Hey. Watney already knows when something interesting happens. And Watney can already trigger jobs in Concourse. What if Watney turns on a pipeline when something interesting happens, and turns it off an hour later?
I checked some assumptions with Concourse -- jobs don't get interrupted when pipelines get paused, resources continue to get cached as usual when a pipeline is paused -- and I couldn't find any downside to this approach.
I implemented it that evening, taught Watney to activate AND update the pipeline whenever the git server reported a new commit on one of three managed branches... And overnight we had it running across ALL our sites!
Today we have a full deployment pipeline that sanitizes and imports production databases to our stage environment, kicks off Behavior Driven Design and Visual Regression Tests for every release, deploys code and configurations to stage and production environments, manages a site verion number, and delivers test results to Matrix.
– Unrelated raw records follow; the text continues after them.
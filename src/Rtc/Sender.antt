-- ===== src/Rtc/Sender.antt =====
-- rtc/sender.go: `Sender`. `write` is the way of a packet from the pipeline into the interceptors,
-- `on_ticker` a tick of `runSCReAMStats`, which hands the target bitrate of the congestion controller
-- to the encoder. `accept_feedback` is the goroutine of `AcceptFeedback`.
pub mod Encoder
pub mod Feedback
pub mod Setup
pub mod Codecs
mod Tests
use rtq_go_endpoint.Common.{
  ℕ, zero, suc, Bool, true, false, ◌&&◌, not, Option, none, some, List, [], ◌∷◌, ◌++◌, length, ◌==◌,
  if◌then◌else◌,
}
use rtq_go_endpoint.External.{Float64}
use Prim.Native.String.{String}
use rtq_go_endpoint.Gstreamer.Source.{Pipeline, Bin, Registry, new_pipeline, set_ssrc, set_bit_rate}

-- `Write`: `unmarshal` is that of pion/rtp, `rtp_writer` the chain of interceptors, which keeps its state
-- in `S`. An error of either is returned with 0 bytes.
unfoldable pub write :
    {Packet E S : Type 0}
    → (unmarshal : List ℕ → Option Packet) → (rtp_writer : Packet → S → Option E × S) → List ℕ
    → S
    → (ℕ × Bool) × S
write unmarshal rtp_writer p s = elim (unmarshal p) [
  | none ↦ ((0, false), s)
  | some pkt ↦
      let (err, s') = rtp_writer pkt s in
      (elim err [ none ↦ (length p, true) | some e ↦ (0, false) ], s')
]

module _ (fl : Float64) where
  open fl use {Float, is_positive, to_uint64}

  -- The variable `lastBitrate`, and the pipeline's elements.
  pub record Stats : Type 0 where
    pub last_bitrate : ℕ
    pub bin : Bin

  apply_bitrate : Pipeline → ℕ → Stats → Stats
  apply_bitrate p bps s =
      if not (s.last_bitrate == bps)
      then record { last_bitrate = bps; bin = set_bit_rate p bps s.bin }
      else s

  -- `case <-ticker.C`: `bps` is what `GetTargetBitrate(0)` gave, whose error is only logged; there is
  -- no pipeline until `Start` has made it.
  unfoldable pub on_ticker : Option Pipeline → Float → Stats → Stats
  unfolding apply_bitrate
  on_ticker none bps s = s
  on_ticker (some p) bps s = if is_positive bps then apply_bitrate p (to_uint64 bps) s else s

  unfoldable pub run_stats : Option Pipeline → List Float → Stats → Stats
  run_stats p [] s = s
  run_stats p (bps ∷ rest) s = run_stats p rest (on_ticker p bps s)

-- `Start` up to the start of the pipeline: the pipeline and its bin, or none with the error of
-- `NewPipeline`. `parse` is `gst_parse_launch`; `stream_ssrc` that of `streamInfo`.
set_up : (String → Bin) → ℕ → Option Pipeline → Option (Pipeline × Bin)
set_up parse stream_ssrc none = none
set_up parse stream_ssrc (some p) = some (p, set_ssrc p stream_ssrc (parse p.pipeline_str))

unfoldable pub start :
    {W : Type 0}
    → (parse : String → Bin) → (codec src : String) → ℕ
    → W
    → Registry W
    → Option (Pipeline × Bin) × Registry W
unfolding set_up
start {W} parse codec src stream_ssrc w pipelines =
    let (made, pipelines') = new_pipeline W codec src w pipelines in
    (set_up parse stream_ssrc made, pipelines')

-- What a `Read` of the RTCP connection gave: the bytes `buffer[:n]`, and whether it failed; and whether `Start`
-- has set `rtcpReader` by then, which is nil before.
pub record ReadResult : Type 0 where
  pub bytes : List ℕ
  pub failed : Bool
  pub has_reader : Bool

-- Where the goroutine is: at the next `Read`, at a send that nobody receives, or gone with a panic.
pub data Progress : Type 0 where
  reading stuck panicked : Progress

-- The goroutine of `AcceptFeedback`: the buffers that were handed to the RTCP reader. `rejects` says on which
-- buffers the reader fails. The channel of errors is unbuffered: `receivers` is how many errors are received, and the
-- goroutine waits for ever at the next.
pub record Accepted : Type 0 where
  pub handed : List (List ℕ)
  pub progress : Progress

-- `s.feedbackErrC <- err` if `failed`: the receivers left, or none if nobody receives
unfoldable pub send_error : Bool → ℕ → Option ℕ
send_error false receivers = some receivers
send_error true zero = none
send_error true (suc receivers) = some receivers

module _ (rejects : List ℕ → Bool) where
  unfoldable pub accept_feedback : ℕ → List ReadResult → List (List ℕ) → Accepted
  accept_feedback receivers [] handed = record { handed = handed; progress = reading }
  accept_feedback receivers (r ∷ rs) handed = elim (send_error r.failed receivers) [
    | none ↦ record { handed = handed; progress = stuck }
    | some left ↦ elim r.has_reader [
      | false ↦ record { handed = handed; progress = panicked }
      | true ↦ elim (send_error (rejects r.bytes) left) [
        | none ↦ record { handed = handed ++ (r.bytes ∷ []); progress = stuck }
        | some left' ↦ accept_feedback left' rs (handed ++ (r.bytes ∷ []))
      ]
    ]
  ]
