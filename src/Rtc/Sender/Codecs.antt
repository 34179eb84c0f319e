-- ===== src/Rtc/Sender/Codecs.antt =====
-- rtc/sender.go, rtc/receiver.go: with which codecs `Start` and `Receive` fail.
use Prim.Native.String.{String}
use rtq_go_endpoint.Common.{ℕ, Option, none, some, ◌≡◌, ◌↔◌, refl}
use rtq_go_endpoint.Gstreamer.Source.{Bin, Registry, pipeline_text, register, new_pipeline}
use rtq_go_endpoint.Gstreamer.Sink
use rtq_go_endpoint.Gstreamer.Codecs.{Unknown, source-none_iff, sink-none_iff}
use rtq_go_endpoint.Rtc.Sender.{set_up, start}

module _ {W : Type 0} (parse : String → Bin) (codec : String) (stream_ssrc : ℕ) (w : W)
    (pipelines : Registry W) where
  -- `Start` goes on exactly with the text that the switch gives.
  set_up-none_iff :
      (text : Option (String × String))
      → ((set_up parse stream_ssrc (register W codec w pipelines text).0 ≡ none) ↔ (text ≡ none))
  unfolding set_up register
  set_up-none_iff none = ((λ h. refl), (λ h. refl))
  set_up-none_iff (some text) = ((λ h. absurd cc), (λ h. absurd cc))

  -- `Start` of the sender fails for the same codecs as the `NewPipeline` that `Receive` of the receiver calls, and
  -- returns its error: those other than `vp8`, `vp9` and `h264`, whatever the source and the destination.
  pub codecs_agree :
      (src dst : String)
      → (((start parse codec src stream_ssrc w pipelines).0 ≡ none) ↔ Unknown codec)
        × ((Sink.pipeline_text codec dst ≡ none) ↔ Unknown codec)
  unfolding start new_pipeline
  codecs_agree src dst =
      let (to, from) = set_up-none_iff (pipeline_text codec src) in
      let (to', from') = source-none_iff codec src in
      let starts : ((start parse codec src stream_ssrc w pipelines).0 ≡ none) ↔ Unknown codec =
        ((λ h. to' (to h)), (λ h. from (from' h))) in
      (starts, sink-none_iff codec dst)
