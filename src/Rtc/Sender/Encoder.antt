-- ===== src/Rtc/Sender/Encoder.antt =====
-- rtc/sender.go with internal/gstreamer-src/gst.go: the encoder follows the target bitrate.
use Prim.Native.String.{String}
use text.Mathlib.Text.{◌==◌ as str_eq}
use rtq_go_endpoint.Common.{
  ℕ, ◌≡◌, ◌⊎◌, true, false, Option, none, some, List, [], ◌∷◌, u32, ◌==◌, if◌then◌else◌,
}
use rtq_go_endpoint.External.{Float64}
use rtq_go_endpoint.Gstreamer.Source.{
  Pipeline, Bin, has_element, get_property_uint, bitrate_property, bitrate_value, ssrc, set_ssrc,
}
use rtq_go_endpoint.Rtc.Sender.{Stats}

module _ (fl : Float64) where
  open fl use {Float, is_positive, to_uint64}

  -- The latest target bitrate above zero, as an integer.
  pub latest : ℕ → List Float → ℕ
  latest n [] = n
  latest n (bps ∷ rest) = latest (if is_positive bps then to_uint64 bps else n) rest

  abbrev pub encoder_bitrate : Pipeline → Bin → ℕ
  encoder_bitrate p bin = get_property_uint "encoder" (bitrate_property p.codec) bin

  -- The encoder has the bitrate `n`, in its unit, unless none was set yet.
  record Follows (p : Pipeline) (id n : ℕ) (s : Stats fl) : Type 0 where
    last : s.last_bitrate ≡ n
    encoder : has_element "encoder" s.bin.elements ≡ true
    apart : str_eq "encoder" p.payloader ≡ false
    source : ssrc p s.bin ≡ u32 id
    bitrate : (n ≡ 0) ⊎ (encoder_bitrate p s.bin ≡ u32 (bitrate_value p.codec n))

  -- What `Start` has made.
  abbrev Started : (String → Bin) → ℕ → Option (Pipeline × Bin) → Type 0
  Started parse id none = Unit
  Started parse id (some (p, bin)) =
      (str_eq "encoder" p.payloader ≡ false) × (bin ≡ set_ssrc p id (parse p.pipeline_str))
It already handles a lot of variations of our sites -- it can grab databases from sites we manage on Pantheon and Acquia as well as self-hosted servers.
Now we get to focus on what counts -- what the site actually does, and the tests that verify it works. Now we can define tests specific to each site, and verify that those continue to work with each release.
Through automation, we're able to manage a lot more sites with fewer people, and deliver a better result. For the past 2 years we've been steadily automating a lot of the work we do, and now it's starting to pay off!